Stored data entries
■ ■ ■

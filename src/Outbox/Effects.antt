-- ===== src/Outbox/Effects.antt =====
-- How work on a job ends in the table of jobs: the row that the worker owns is parked or completed,
-- and no other row is touched; or the worker has lost it, and nothing changes.
use sms.Prelude.{
  ℕ, ◌+◌, ◌≡◌, refl, sym, ◌∙◌, inl, inr, Bool, true, false, ◌&&◌, Option, some, none, List, [], ◌∷◌,
  Bool-cases, Option-cases, ◌==◌,
}
use sms.Prelude.Text.{Text}
use sms.Store.Types.{Uuid, SendJobStatus, send_done, send_retry, send_uncertain, send_dead, SendJob}
use sms.Store.Outbox.{
  update_owned, owned_by, parked, completed, touched, park_send_job, complete_send_job,
  touch_send_job_lock,
}
use sms.Outbox.World.{World}
use sms.Outbox.Parking.{park, complete, error_text}

-- A status in which a worker leaves a job.
abbrev pub is_left : SendJobStatus → Bool
is_left send_done = true
is_left send_retry = true
is_left send_uncertain = true
is_left send_dead = true
is_left _ = false

-- A write that ends the work on a row and keeps its key.
pub record Leaves (set : SendJob → SendJob) : Type 0 where
  pub id_kept : (j : SendJob) → (set j).id ≡ j.id
  pub message_kept : (j : SendJob) → (set j).sms_message_id ≡ j.sms_message_id
  pub left : (j : SendJob) → is_left (set j).status ≡ true

pub data Ends (worker : ℕ) (id : Uuid) (js js' : List SendJob) : Type 0 where
  lost : update_owned (λ j. j) id worker js ≡ none → js' ≡ js → Ends worker id js js'
  ended :
      (set : SendJob → SendJob)
      → Leaves set
      → update_owned set id worker js ≡ some js'
      → Ends worker id js js'

-- Whether a row is owned does not depend on what is written.
pub owned_none :
    (set set' : SendJob → SendJob) (id : Uuid) (worker : ℕ) (js : List SendJob)
    → update_owned set id worker js ≡ none
    → update_owned set' id worker js ≡ none
unfolding update_owned
owned_none set set' id worker [] e = refl
owned_none set set' id worker (j ∷ js) e = elim (Bool-cases (j.id == id && owned_by worker j)) [
  | inl here ↦ absurd (some_none (rw (update_owned, here) at e))
  | inr there ↦ elim (Option-cases (update_owned set id worker js)) [
    | inl missing ↦ rw (update_owned, there, owned_none set set' id worker js missing) refl
    | inr (rest, found) ↦ absurd (some_none (rw (update_owned, there, found) at e))
  ]
]
  where
    some_none : {l : List SendJob} → ◌≡◌ {A = Option (List SendJob)} (some l) none → ⊥
    some_none x = cc

pub some_same : {a b : List SendJob} → ◌≡◌ {A = Option (List SendJob)} (some a) (some b) → a ≡ b
some_same x = cc

pub none-some : {b : List SendJob} → ◌≡◌ {A = Option (List SendJob)} none (some b) → ⊥
none-some x = cc

-- A write after a touch is a write on the row as it was.
after_touched :
    (now : ℕ) (set : SendJob → SendJob) (id : Uuid) (worker : ℕ) (js js1 : List SendJob)
    → update_owned (touched now) id worker js ≡ some js1
    → update_owned (λ j. set (touched now j)) id worker js ≡ update_owned set id worker js1
unfolding update_owned
after_touched now set id worker [] js1 e = absurd (none-some e)
after_touched now set id worker (j ∷ js) js1 e =
    elim (Bool-cases (j.id == id && owned_by worker j)) [
      | inl here ↦ rw (sym (some_same (rw (update_owned, here) at e)), update_owned, here) refl
      | inr there ↦ elim (Option-cases (update_owned (touched now) id worker js)) [
        | inl missing ↦ absurd (none-some (rw (update_owned, there, missing) at e))
        | inr (rest, found) ↦
            rw
              (
                sym (some_same (rw (update_owned, there, found) at e)),
                update_owned,
                there,
                after_touched now set id worker js rest found,
              )
              refl
      ]
    ]

pub Ends-touched :
    (now worker : ℕ) (id : Uuid) (js js1 : List SendJob) {js' : List SendJob}
    → touch_send_job_lock now id worker js ≡ some js1
    → Ends worker id js1 js'
    → Ends worker id js js'
unfolding touch_send_job_lock
Ends-touched now worker id js js1 e (lost x same) =
    absurd (none-some (sym x ∙ sym (after_touched now (λ j. j) id worker js js1 e) ∙ e))
Ends-touched now worker id js js1 e (ended set leaves x) =
    ended (λ j. set (touched now j))
      (record {
        id_kept = λ j. leaves.id_kept (touched now j);
        message_kept = λ j. leaves.message_kept (touched now j);
        left = λ j. leaves.left (touched now j);
      })
      (after_touched now set id worker js js1 e ∙ x)

module _ (worker now : ℕ) (job : SendJob) where
  pub park-Ends :
      (status : SendJobStatus) (attempt : ℕ) (last_error : Text) (delay : ℕ) (w : World)
      → is_left status ≡ true
      → Ends worker job.id w.db.send_jobs
          (park worker now job status attempt last_error delay w).1.db.send_jobs
  unfolding park park_send_job
  park-Ends status attempt last_error delay w l =
      elim (Option-cases (
        park_send_job status attempt (now + delay) (error_text last_error) job.id worker
          w.db.send_jobs)) [
            | inl missing ↦
                rw (park, missing) (lost (owned_none _ (λ j. j) job.id worker _ missing) refl)
            | inr (jobs, found) ↦
                rw (park, found)
                  (ended (parked status attempt (now + delay) (error_text last_error))
                    (record { id_kept = λ j. refl; message_kept = λ j. refl; left = λ j. l }) found)
          ]

  pub complete-Ends :
      (w : World) → Ends worker job.id w.db.send_jobs (complete worker now job w).db.send_jobs
  unfolding complete complete_send_job
  complete-Ends w = elim (Option-cases (complete_send_job job.id worker w.db.send_jobs)) [
    | inl missing ↦
        rw (complete, missing) (lost (owned_none _ (λ j. j) job.id worker _ missing) refl)
    | inr (jobs, found) ↦
        rw (complete, found)
          (ended completed
            (record { id_kept = λ j. refl; message_kept = λ j. refl; left = λ j. refl }) found)
  ]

■ ■ ■

▶ Assigned task
Which lines of the data contain the string "rest"? Copy each one.

▶ Exercise answer
    | inr (rest, found) ↦ absurd (some_none (rw (update_owned, there, found) at e))
        | inr (rest, found) ↦
                after_touched now set id worker js rest found,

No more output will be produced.